Shoba Narayan’s book ‘Namma Bangalore’ is a handy guidebook if you have just moved into Bengaluru

The book 'Namma Bangalore' acts as a guide map in many ways with chapters categorised as listicles in a literary manner.

ByDeeksha Devadiga

Published Sep 20, 2023 | 2:23 PM Updated Sep 20, 2023 | 2:23 PM

Shoba Narayan’s book ‘Namma Bangalore’ is a handy guidebook if you have just moved into Bengaluru

What makes Bengaluru special? Author Shoba Narayan answers the question in her book ‘Namma Bangalore – The Soul Of Metropolis’.

The book was unveiled at Bookworm in Bengaluru on Sunday, 18 September. The rain was hardly a damper to the event that saw a reasonable size of crowd attending in tow.

“The way I made sense of this city was through writing. I processed my likes and dislikes through my writing. The rage of traffic, the joy of Bengaluru, and the good and bad of the city, I process with my writing. I got to know this city in a very intimate way. And now, this is my love letter to the city,” she said.

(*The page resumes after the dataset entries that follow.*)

-- ===== src/Emu/Instruction/Select.antt =====
-- The choice of the match arm in `instructions!` of acca-emu-proc-macro/src/lib.rs.
use acca.Prelude.{ℕ, Option, none, some, List, [], ◌∷◌, if◌then◌else◌}
use acca.Encoding.Scan.{matches, variable_value}
use acca.Emu.Instruction.Encodings.{Opcode, encoding, opcodes}
use acca.Emu.Instruction.Syntax.{Instruction}
use acca.Emu.Instruction.Operands.{operands}

unfoldable pub first_match : List Opcode → ℕ → Option Opcode
first_match [] encoded = none
first_match (op ∷ rest) encoded =
    if matches (encoding op) encoded then some op else first_match rest encoded

-- The `match` on `encoded`; `none` is its default arm.
unfoldable pub select : ℕ → Option Opcode
unfolding first_match
select encoded = first_match opcodes encoded

unfoldable pub decode : Opcode → ℕ → Option Instruction
decode op encoded = operands op (λ name. variable_value name (encoding op) encoded)
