-- ===== src/Emu/Execute.antt =====
-- `execute_one` and `run` of acca-emu/src/vm.rs.
pub mod Handlers
use acca.Prelude.{ℕ, zero, suc, Option, none, some}
use acca.Word.{wrapping_add, from_le_bytes}
use acca.Emu.Platform.{Platform}
use acca.Emu.State.{Vm, Flow, ok, returned, panic, ◌>>=◌, expect}
use acca.Emu.Exception.{invalid_instruction, instruction_load_error, take_exception, raise}
use acca.Emu.Memory
use acca.Emu.Memory.{get_slice}
use acca.Emu.Arithmetic
use acca.Emu.Logic
use acca.Emu.Control
use acca.Emu.Machine
use acca.Emu.Instruction.Encodings.{Opcode}
use acca.Emu.Instruction.Syntax.{Instruction}
use acca.Emu.Instruction.Select.{select, decode}

module _ ⦃platform : Platform⦄ where
  -- The bodies of the match arms.
  unfoldable pub execute : Instruction → Vm → Flow Vm
  execute (Instruction.pushs size src) vm = Memory.pushs size src vm
  execute (Instruction.pushp size src1 src2) vm = Memory.pushp size src1 src2 vm
  execute (Instruction.pops size dst) vm = Memory.pops size dst vm
  execute (Instruction.popp size dst1 dst2) vm = Memory.popp size dst1 dst2 vm
  execute (Instruction.lds size dst src_addr) vm = Memory.lds size dst src_addr vm
  execute (Instruction.ldp size dst1 dst2 src_addr) vm = Memory.ldp size dst1 dst2 src_addr vm
  execute (Instruction.sts size dst_addr src) vm = Memory.sts size dst_addr src vm
  execute (Instruction.stp size dst_addr src1 src2) vm = Memory.stp size dst_addr src1 src2 vm
  execute (Instruction.ldi dst src shift clear) vm = Memory.ldi dst src shift clear vm
  execute (Instruction.ldr dst src) vm = Memory.ldr dst src vm
  execute (Instruction.copy size dst src) vm = Memory.copy size dst src vm
  execute (Instruction.add_reg size dst lhs rhs carry set_flags) vm =
      Arithmetic.add_reg size dst lhs rhs carry set_flags vm
  execute (Instruction.add_imm size dst lhs rhs shift_factor sign_extend carry set_flags) vm =
      Arithmetic.add_imm size dst lhs rhs shift_factor sign_extend carry set_flags vm
  execute (Instruction.sub_reg size dst lhs rhs borrow set_flags) vm =
      Arithmetic.sub_reg size dst lhs rhs borrow set_flags vm
  execute (Instruction.sub_imm size dst lhs rhs shift_factor sign_extend borrow set_flags) vm =
      Arithmetic.sub_imm size dst lhs rhs shift_factor sign_extend borrow set_flags vm
  execute (Instruction.mul src_size dst_size dst lhs rhs signed set_flags) vm =
      Arithmetic.mul src_size dst_size dst lhs rhs signed set_flags vm
  execute (Instruction.div size quot rem lhs rhs signed set_flags) vm =
      Arithmetic.div size quot rem lhs rhs signed set_flags vm
  execute (Instruction.and_reg size dst lhs rhs set_flags) vm =
      Logic.and_reg size dst lhs rhs set_flags vm
  execute (Instruction.and_imm size dst lhs rhs shift_factor sign_extend set_flags) vm =
      Logic.and_imm size dst lhs rhs shift_factor sign_extend set_flags vm
  execute (Instruction.or_reg size dst lhs rhs set_flags) vm =
      Logic.or_reg size dst lhs rhs set_flags vm
  execute (Instruction.or_imm size dst lhs rhs shift_factor sign_extend set_flags) vm =
      Logic.or_imm size dst lhs rhs shift_factor sign_extend set_flags vm
  execute (Instruction.xor_reg size dst lhs rhs set_flags) vm =
      Logic.xor_reg size dst lhs rhs set_flags vm
  execute (Instruction.xor_imm size dst lhs rhs shift_factor sign_extend set_flags) vm =
      Logic.xor_imm size dst lhs rhs shift_factor sign_extend set_flags vm
  execute (Instruction.shl_reg size dst lhs rhs set_flags) vm =
      Logic.shl_reg size dst lhs rhs set_flags vm
  execute (Instruction.shl_imm size dst lhs rhs set_flags) vm =
      Logic.shl_imm size dst lhs rhs set_flags vm
  execute (Instruction.shr_reg size dst lhs rhs signed set_flags) vm =
      Logic.shr_reg size dst lhs rhs signed set_flags vm
  execute (Instruction.shr_imm size dst lhs rhs signed set_flags) vm =
      Logic.shr_imm size dst lhs rhs signed set_flags vm
  execute (Instruction.rot_reg size dst lhs rhs set_flags) vm =
      Logic.rot_reg size dst lhs rhs set_flags vm
  execute (Instruction.rot_imm size dst lhs rhs set_flags) vm =
      Logic.rot_imm size dst lhs rhs set_flags vm
  execute (Instruction.neg size dst src set_flags) vm = Arithmetic.neg size dst src set_flags vm
  execute (Instruction.bswap size dst src set_flags) vm = Logic.bswap size dst src set_flags vm
  execute (Instruction.soc size dst lhs rhs cond borrow) vm =
      Control.soc size dst lhs rhs cond borrow vm
  execute (Instruction.sof size dst cond) vm = Control.sof size dst cond vm
  execute (Instruction.jmpa cond addr) vm = Control.jmpa cond addr vm
  execute (Instruction.jmpr_reg cond addr) vm = Control.jmpr_reg cond addr vm
  execute (Instruction.jmpr_imm cond addr) vm = Control.jmpr_imm cond addr vm
  execute (Instruction.cjmpa cond size addr lhs rhs) vm = Control.cjmpa cond size addr lhs rhs vm
  execute (Instruction.cjmpr_reg cond size addr lhs rhs) vm =
      Control.cjmpr_reg cond size addr lhs rhs vm
  execute (Instruction.cjmpr_imm cond size addr lhs rhs) vm =
      Control.cjmpr_imm cond size addr lhs rhs vm
  execute (Instruction.calla cond addr) vm = Control.calla cond addr vm
  execute (Instruction.callr_reg cond addr) vm = Control.callr_reg cond addr vm
  execute (Instruction.callr_imm cond addr) vm = Control.callr_imm cond addr vm
  execute Instruction.ret vm = Control.ret vm
  execute Instruction.eret vm = Control.eret vm
  execute Instruction.udf vm = Control.udf vm
  execute Instruction.dbg vm = Control.dbg vm
  execute (Instruction.exc val) vm = Control.exc val vm
  execute Instruction.nop vm = ok vm
  execute (Instruction.ldm dst src_mreg) vm = Machine.ldm dst src_mreg vm
  execute (Instruction.stm dst_mreg src) vm = Machine.stm dst_mreg src vm

  -- The default arm takes the exception and, unlike the others, does not return.
  unfoldable pub execute_selected : Option Opcode → ℕ → Vm → Flow Vm
  execute_selected none encoded vm = ok (take_exception invalid_instruction vm)
  execute_selected (some op) encoded vm = do
    instruction ← expect (decode op encoded)
    execute instruction vm

  unfoldable pub fetch : Vm → Flow ℕ
  fetch vm =
      let start = vm.instruction_pointer in
      elim (get_slice vm.memory start (wrapping_add start 4)) [
        | none ↦ raise instruction_load_error vm
        | some bytes ↦ ok (from_le_bytes bytes)
      ]

  -- The end of `execute_one`: 4 is added to the instruction pointer, unless the body has
  -- returned. `none` is a panic of the process.
  unfoldable pub finish : Flow Vm → Option Vm
  finish (ok vm) = some (record vm { instruction_pointer = wrapping_add vm.instruction_pointer 4 })
  finish (returned vm) = some vm
  finish panic = none

  unfoldable pub execute_body : Vm → Flow Vm
  execute_body vm = do encoded ← fetch vm; execute_selected (select encoded) encoded vm

  unfoldable pub execute_one : Vm → Option Vm
  unfolding finish execute_body
  execute_one vm = finish (execute_body vm)

  -- `n` rounds of the endless loop of `run`.
  unfoldable pub run : ℕ → Vm → Option Vm
  run zero vm = some vm
  run (suc n) vm = elim (execute_one vm) [ none ↦ none | some vm' ↦ run n vm' ]
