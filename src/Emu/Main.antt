-- ===== src/Emu/Main.antt =====
-- `main` of acca-emu/src/main.rs, and `load_file` of acca-emu/src/vm.rs.
use acca.Prelude.{ℕ, ◌*◌, Bool, Option, none, some, List, length}
use acca.Word.{wrapping_add}
use acca.Emu.Platform.{Platform}
use acca.Emu.State.{Vm, new, set_print_instructions}
use acca.Emu.Memory.{get_slice, set_slice}
use acca.Emu.Execute.{run}
pub mod Load

-- An opened `fs::File`: the length in its metadata, and `read_exact` on as many bytes; `none` is
-- an error of the system.
pub record File : Type 0 where
  pub metadata : Option ℕ
  pub read_exact : ℕ → Option (List ℕ)

-- The command line; `none` is an image that cannot be opened.
pub record Args : Type 0 where
  pub image : Option File
  pub print_instructions : Bool

-- `Result<(), io::Error>` and the `VM` that is left, or a panic.
pub data Loaded : Type 0 where
  loaded : Vm → Loaded
  failed panicked : Loaded

abbrev filled : ℕ → Vm → Option (List ℕ) → Loaded
filled dest_addr vm none = failed
filled dest_addr vm (some bytes) =
    loaded (record vm { memory = set_slice vm.memory dest_addr bytes })

abbrev loaded_at : File → ℕ → Vm → Option (List ℕ) → Loaded
loaded_at file dest_addr vm none = panicked
loaded_at file dest_addr vm (some dest) = filled dest_addr vm (file.read_exact (length dest))

unfoldable pub load_file : File → ℕ → Vm → Loaded
load_file file dest_addr vm = elim (file.metadata) [
  | none ↦ failed
  | some file_len ↦
      loaded_at file dest_addr vm (get_slice vm.memory dest_addr (wrapping_add dest_addr file_len))
]

-- How the process goes: it runs with this machine, or it has ended in `exit(1)` or in a panic.
pub data Process : Type 0 where
  running : Vm → Process
  exited crashed : Process

unfoldable pub vm_memory_size : ℕ
vm_memory_size = 32 * 1024 * 1024

abbrev pub started : Bool → Loaded → Process
started print failed = exited
started print panicked = crashed
started print (loaded vm) = running (set_print_instructions vm print)

abbrev pub with_vm : Args → Option Vm → Process
with_vm cli none = exited
with_vm cli (some vm) = elim (cli.image) [
  | none ↦ exited
  | some file ↦ started cli.print_instructions (load_file file 0 vm)
]

-- `main` up to the call of `run`.
unfoldable pub start : ⦃platform : Platform⦄ → Args → Process
start cli = with_vm cli (new vm_memory_size)

abbrev pub ran : Option Vm → Process
ran none = crashed
ran (some vm) = running vm

abbrev pub continued : ⦃platform : Platform⦄ → ℕ → Process → Process
continued n (running vm) = ran (run n vm)
continued n exited = exited
continued n crashed = crashed

-- `main`, with `n` rounds of the loop of `run`.
unfoldable pub main : ⦃platform : Platform⦄ → ℕ → Args → Process
main n cli = continued n (start cli)
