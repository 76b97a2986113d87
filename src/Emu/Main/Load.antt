-- ===== src/Emu/Main/Load.antt =====
-- What `main` of acca-emu/src/main.rs does with an image before it runs it.
use acca.Prelude.{
  ℕ, zero, suc, ◌+◌, ◌-◌, ◌≤◌, ◌<◌, ◌^◌, Bool, none, some, List, ◌++◌, length, take, drop,
  replicate, length-replicate, le→leb, length-take, ◌≡◌, refl, ap, ◌∙◌, arith,
}
use acca.Word.{wrapping_add}
use acca.Emu.Platform.{Platform, IsDocumented}
use acca.Emu.State.{Vm, booted, new, set_print_instructions}
use acca.Emu.Memory.{get_slice, set_slice}
use acca.Emu.Main.{
  File, running, crashed, vm_memory_size, load_file, start, with_vm, started, loaded, panicked,
}

-- A file that can be read and has these contents.
pub record Stores (file : File) (contents : List ℕ) : Type 0 where
  pub metadata : file.metadata ≡ some (length contents)
  pub read_exact : file.read_exact (length contents) ≡ some contents

drop-replicate :
    {A : Type 0} (k n m : ℕ) (a : A) → m ≡ k + n → drop k (replicate m a) ≡ replicate n a
drop-replicate zero n m a h = ap (λ (i : ℕ). replicate i a) {x = m} {y = n} (omega (arith, h))
drop-replicate (suc k) n zero a h = absurd (omega (arith, h))
drop-replicate (suc k) n (suc m) a h = drop-replicate k n m a (omega (arith, h))

-- The first bytes of a memory, when it is as long as this many bytes.
get_slice-all :
    (memory : List ℕ) (n : ℕ) → n ≤ length memory → get_slice memory 0 n ≡ some (take n memory)
unfolding get_slice
get_slice-all memory n h =
    rw (le→leb 0 n (omega arith), le→leb n (length memory) h)
      (ap (λ (i : ℕ). some (take i memory)) {x = n - 0} {y = n} (omega arith))

pub vm_memory_size-lt : vm_memory_size < 2 ^ 64
unfolding vm_memory_size
vm_memory_size-lt = omega arith

-- A memory of zeros with the contents of a file at its start.
abbrev pub image_memory : List ℕ → List ℕ
image_memory contents = contents ++ replicate (vm_memory_size - length contents) 0

set_slice-zeros :
    (contents : List ℕ)
    → length contents ≤ vm_memory_size
    → set_slice (replicate vm_memory_size 0) 0 contents ≡ image_memory contents
unfolding set_slice
set_slice-zeros contents h =
    ap (λ l. contents ++ l)
      (drop-replicate (0 + length contents) (vm_memory_size - length contents) vm_memory_size 0
        (omega (arith, h)))

get_slice-zeros :
    (n : ℕ)
    → n ≤ vm_memory_size
    → (dest : List ℕ) × (get_slice (replicate vm_memory_size 0) 0 (wrapping_add 0 n) ≡ some dest)
      × (length dest ≡ n)
get_slice-zeros n h =
    let zeros : List ℕ = replicate vm_memory_size 0 in
    let measured = length-replicate {A = ℕ} vm_memory_size 0 in
    let end : wrapping_add 0 n ≡ n = omega (arith, h, vm_memory_size-lt) in
    (
      take n zeros,
      ap (λ (i : ℕ). get_slice zeros 0 i) end ∙ get_slice-all zeros n (omega (arith, h, measured)),
      omega (arith, length-take n zeros, measured, h),
    )

abbrev zeroed : Vm
zeroed = booted (replicate vm_memory_size 0)

loaded-Stores :
    (contents : List ℕ) (file : File)
    → Stores file contents
    → length contents ≤ vm_memory_size
    → load_file file 0 zeroed ≡ loaded (booted (image_memory contents))
unfolding load_file
loaded-Stores contents file stores fits =
    let (dest, found, measured) = get_slice-zeros (length contents) fits in
    rw (stores.metadata, found, measured, stores.read_exact)
      (ap (λ (l : List ℕ). loaded (booted l)) (set_slice-zeros contents fits))

get_slice-none : (memory : List ℕ) (n : ℕ) → length memory < n → get_slice memory 0 n ≡ none
unfolding get_slice
get_slice-none memory n h = ground arith

loaded-panicked :
    (file : File) (file_len : ℕ)
    → file.metadata ≡ some file_len
    → vm_memory_size < file_len
    → file_len < 2 ^ 64
    → load_file file 0 zeroed ≡ panicked
unfolding load_file
loaded-panicked file file_len len long small =
    let end : wrapping_add 0 file_len ≡ file_len = omega (arith, small) in
    let measured = length-replicate {A = ℕ} vm_memory_size 0 in
    rw
      (
        len,
        end,
        get_slice-none (replicate vm_memory_size 0) file_len (omega (arith, long, measured)),
      )
      refl

module _ ⦃platform : Platform⦄ where
  new-zeroed :
      (memory : List ℕ)
      → IsDocumented platform
      → platform.map_anon vm_memory_size ≡ some memory
      → new vm_memory_size ≡ some zeroed
  unfolding new
  new-zeroed memory documented mapped =
      rw (mapped, new)
        (ap (λ (l : List ℕ). some (booted l)) (documented.map_anon_zeroed vm_memory_size mapped))

  -- On a platform as documented, where the memory can be mapped, an image that can be read and is
  -- at most as long as the memory is put at the start of the memory; the rest of it is zero, the
  -- instruction pointer is 0x0400, and all else is as `VM::new` sets it, save `print_instructions`,
  -- which the command line gives.
  pub start-Stores :
      (memory contents : List ℕ) (file : File) (print : Bool)
      → IsDocumented platform
      → platform.map_anon vm_memory_size ≡ some memory
      → Stores file contents
      → length contents ≤ vm_memory_size
      → start (record { image = some file; print_instructions = print })
        ≡ running (set_print_instructions (booted (image_memory contents)) print)
  unfolding start
  start-Stores memory contents file print documented mapped stores fits =
      ap (with_vm (record { image = some file; print_instructions = print }))
        (new-zeroed memory documented mapped)
      ∙ ap (started print) (loaded-Stores contents file stores fits)

  -- On a platform as documented, where the memory can be mapped, an image that is longer than the
  -- memory, and shorter than 2^64 bytes, makes the emulator panic before it runs.
  pub start-crashed :
      (memory : List ℕ) (file : File) (file_len : ℕ) (print : Bool)
      → IsDocumented platform
      → platform.map_anon vm_memory_size ≡ some memory
      → file.metadata ≡ some file_len
      → vm_memory_size < file_len
      → file_len < 2 ^ 64
      → start (record { image = some file; print_instructions = print }) ≡ crashed
  unfolding start
  start-crashed memory file file_len print documented mapped len long small =
      ap (with_vm (record { image = some file; print_instructions = print }))
        (new-zeroed memory documented mapped)
      ∙ ap (started print) (loaded-panicked file file_len len long small)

At the event on Sunday, Narayan shared how her heart beats for Bengaluru. (Anand Kumar Yadav/South First)

In an exclusive chat with South First, Narayan shared her insights on the Kannadiga obsession with the local delicacy Khara Bhaath, wonders of the fermented foods of Karnataka, and how her heart beats for the city.

Sights, sounds and columns

Every city carries a certain aroma that defines its enlivening principle. Shobha simply followed her nose and found her own interpretations of the unique scents of Bengaluru.

A snippet from the book reads —
“Bangalore is the smell of red earth and falling rain; of open drains and clogged leaves; of start-ups and swalpa adjust maadi (please adjust).”

It was her time and experience at a daily newspaper while writing her column ‘Bangalore Talkies’ that inspired her to write the book.

“I have to give credit to my then editor R Sukumar, who started me on this journey. Over a period of time, it expanded and became more than just a column or a job. It became much more personal,” she shared.

Besides encouragement from her editor, it was the feedback she received for the column that coaxed her to work towards it.

Bangalore Days

The book acts as a guide map, with chapters categorised as listicles in a literary manner. It is born from her initial days in the city in 2005 when she struggled to navigate through the city.

“This was the kind of book I would have wanted as a newcomer to this city. I won’t call it a comprehensive guide because it is a personal account. It has a guide to the neighbourhoods and to the heritage buildings, but it is personal. It’s like having a friend who will hold your hand and say this is namma Bangalore,” she explained.

From describing the infighting in Bengaluru’s high-rises to condoning the moral policing on the streets, the
book offers a balanced view of what the city can provide, she assured.

“I remain hopeful. I believe that India is too vast, heterogeneous and multi-layered a country to fit into a Twitter troll’s suffocating label,” reads a snippet from the chapter titled ‘Is there Moral Policing in Bangalore?’

But Narayan’s friends call her out for her optimism and for wearing rose-clad glasses while viewing the city, she told South First.

“It is the need of the hour and important for many to know of the good in the world. We must highlight the multicultural and multireligious harmony that still exists,” she said emphatically.

Academic connection

The event also had members from academia who showcased their interest in including the book as a part of various syllabi.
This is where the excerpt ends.